Suer has taken photographs of historical places and buildings, especially in the cities of Diyarbakir, Mardin, Van and Hasankeyf. He joined a project taking photos of famous Kurdish politicians and artists. His works are related to culture and history and also include works of art. Suer also takes photos of festivals and presentations.

Suer has had twelve exhibitions in Turkey in cities of Diyarbakir, Batman an Viransehir, the region of Federal Kurdistan in Iraq in city of Sulaymaniyah, Duhok and Ranya; Belgium and the United States in Nashville.

== Recognition ==
In the mid-1990s, Suer started using his photography from journalism to promote historical monuments and cities, and turned to art photography after 2000. In 2017, he was recognized as a 'Photographic Artist' by the International Federation of Photographic Art, FIAP, and in 2018, he received the "Excellent Photographer" diploma from FIAP.

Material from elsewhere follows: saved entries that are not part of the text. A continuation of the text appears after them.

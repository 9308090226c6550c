-- ===== src/Tests.antt =====
-- The theorems at concrete inputs.
mod Files
mod Auth
mod Paths
mod Index
mod Types
mod Provider
mod Service
mod Buckets
mod Downloads
mod Cf
mod Pg
mod Disk
mod Web
mod Tar
mod Network
mod Registry
mod Commands
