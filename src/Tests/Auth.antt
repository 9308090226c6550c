-- ===== src/Tests/Auth.antt =====
-- A platform that keeps its promises, and the examples of the file provider.
use freighter.Types.Error.{AnyError}
use freighter.Base.{
  ap, is_some, take-append, drop-append, ℕ, zero, suc, ◌≡◌, refl, Option, none, some, List, [], ◌∷◌,
  ◌++◌, Text, text_eq, Bytes, Result, ok, err, length, take, drop, arith, is_some, ap,
}
use freighter.Base.Dict.{Dict}
use freighter.Auth.Base64.{Base64, IsCodec}
use freighter.Auth.Owners.{HashedToken}
use freighter.Auth.Platform.{Platform, OwnersFile}
use freighter.Auth.Fs.Sound.{IsPlatform}

abbrev pub zeros : ℕ → Bytes
zeros zero = []
zeros (suc n) = 0 ∷ zeros n

length-zeros : (n : ℕ) → length (zeros n) ≡ n
length-zeros zero = refl
length-zeros (suc n) = ap suc (length-zeros n)

abbrev pub plain_base64 : Base64
plain_base64 = record {
  encode_string = λ b. b;
  encoded_len = λ n. some n;
  decode_slice = λ t. some t;
}

pub plain_base64-IsCodec : IsCodec plain_base64
plain_base64-IsCodec = record { encode_length = λ bytes. refl; decode_encode = λ bytes. refl }

-- A file of owners with one token and no crate: its length, the token, and the login.
abbrev write_fields : Dict Text (List Text) → Dict HashedToken Text → Result AnyError Bytes
write_fields [] ((token, login) ∷ []) = ok (length token ∷ (token ++ login))
write_fields _ _ = err []

abbrev read_file : Bytes → Result AnyError OwnersFile
read_file [] = err []
read_file (n ∷ t) = ok (record { token_owners = (take n t, drop n t) ∷ []; crate_owners = [] })

abbrev pub disk : Platform
disk = record {
  World = Option Bytes;
  create_dir_all = λ _ w. (ok tt, w);
  join = λ a b. a ++ b;
  parent = λ p. some [];
  try_exists = λ _ w. ok (is_some w);
  open_file = λ _ w. elim w [ none ↦ err [] | some bytes ↦ ok bytes ];
  temp_file_in = λ _ _. ok tt;
  persist = λ _ bytes w. (ok tt, some bytes);
  from_reader = read_file;
  to_writer = λ f. write_fields f.crate_owners f.token_owners;
  random_bytes = λ n w. (zeros n, w);
  hmac_sha224 = λ key bytes. key ++ bytes;
  base64 = plain_base64;
}

read-write :
    (crates : Dict Text (List Text)) (tokens : Dict HashedToken Text) (bytes : Bytes)
    → write_fields crates tokens ≡ ok bytes
    → read_file bytes ≡ ok (record { token_owners = tokens; crate_owners = crates })
read-write [] [] bytes h = absurd (ground arith)
read-write [] ((token, login) ∷ []) bytes h =
    let eq : bytes ≡ length token ∷ (token ++ login) = ground arith in
    rw (eq, take-append token login, drop-append token login) refl
read-write [] ((token, login) ∷ _ ∷ _) bytes h = absurd (ground arith)
read-write (_ ∷ _) [] bytes h = absurd (ground arith)
read-write (_ ∷ _) (_ ∷ []) bytes h = absurd (ground arith)
read-write (_ ∷ _) (_ ∷ _ ∷ _) bytes h = absurd (ground arith)

pub disk-IsPlatform : IsPlatform disk
disk-IsPlatform = record {
  codec = plain_base64-IsCodec;
  random_length = λ n w. length-zeros n;
  random_exists = λ path n w. refl;
  random_open = λ path n w. refl;
  persist_exists = λ path bytes w. refl;
  persist_open = λ path bytes w. refl;
  reader_writer = λ f bytes h. read-write f.crate_owners f.token_owners bytes h;
}
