-- ===== src/Tests/Buckets.antt =====
-- Examples of the S3 storage over a bucket that keeps its promises.
use freighter.Base.{◌≡◌, refl, none, some, [], ◌∷◌, Text, text_eq, text_beq, Bytes, codes, ok, err}
use freighter.Base.Dict
use freighter.Base.Dict.{Dict}
use freighter.Storage.S3.{
  Client, no_such_key, pull_object, put_object, check_rounds, check_bucket, construct_paths,
}

-- Objects by their keys.
abbrev pub shelf : Client
shelf = record {
  State = Dict Text Bytes;
  get_object = λ path s. elim (Dict.lookup path s) [
    | none ↦ err no_such_key
    | some bytes ↦ ok (record { last_modified = none; body = ok bytes })
  ];
  put_object = λ path bytes r s. (ok tt, Dict.insert path bytes s);
  delete_object = λ path s. (ok tt, Dict.remove path s);
  list_objects = λ prefix s. ok (Dict.keys s);
  base64 = λ bytes. bytes;
  hex = λ bytes. bytes;
}

abbrev pub serde_1 : Text
serde_1 = (construct_paths shelf (codes "serde") (1 ∷ []) []).1

abbrev serde_stored : Dict Text Bytes
serde_stored = (serde_1, 9 ∷ []) ∷ []

-- The first check of an empty bucket.
first_check : check_bucket shelf (codes "health") [] ≡ (ok tt, (codes "health", codes "ok") ∷ [])
unfolding check_bucket check_rounds pull_object put_object Dict.lookup Dict.insert text_beq
first_check = refl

He has a total of 36 diplomas and certificates from many photography institutions from different countries. He won many awards, including gold medals, from international photography competitions.

The photographer was the Turkish representative of the Phoenix Photography Association in Bangladesh. He is also the Türkiye Honorary Advisor of PPI, the International Professional Association in Hong Kong. Four of his photos have been printed as postage stamps.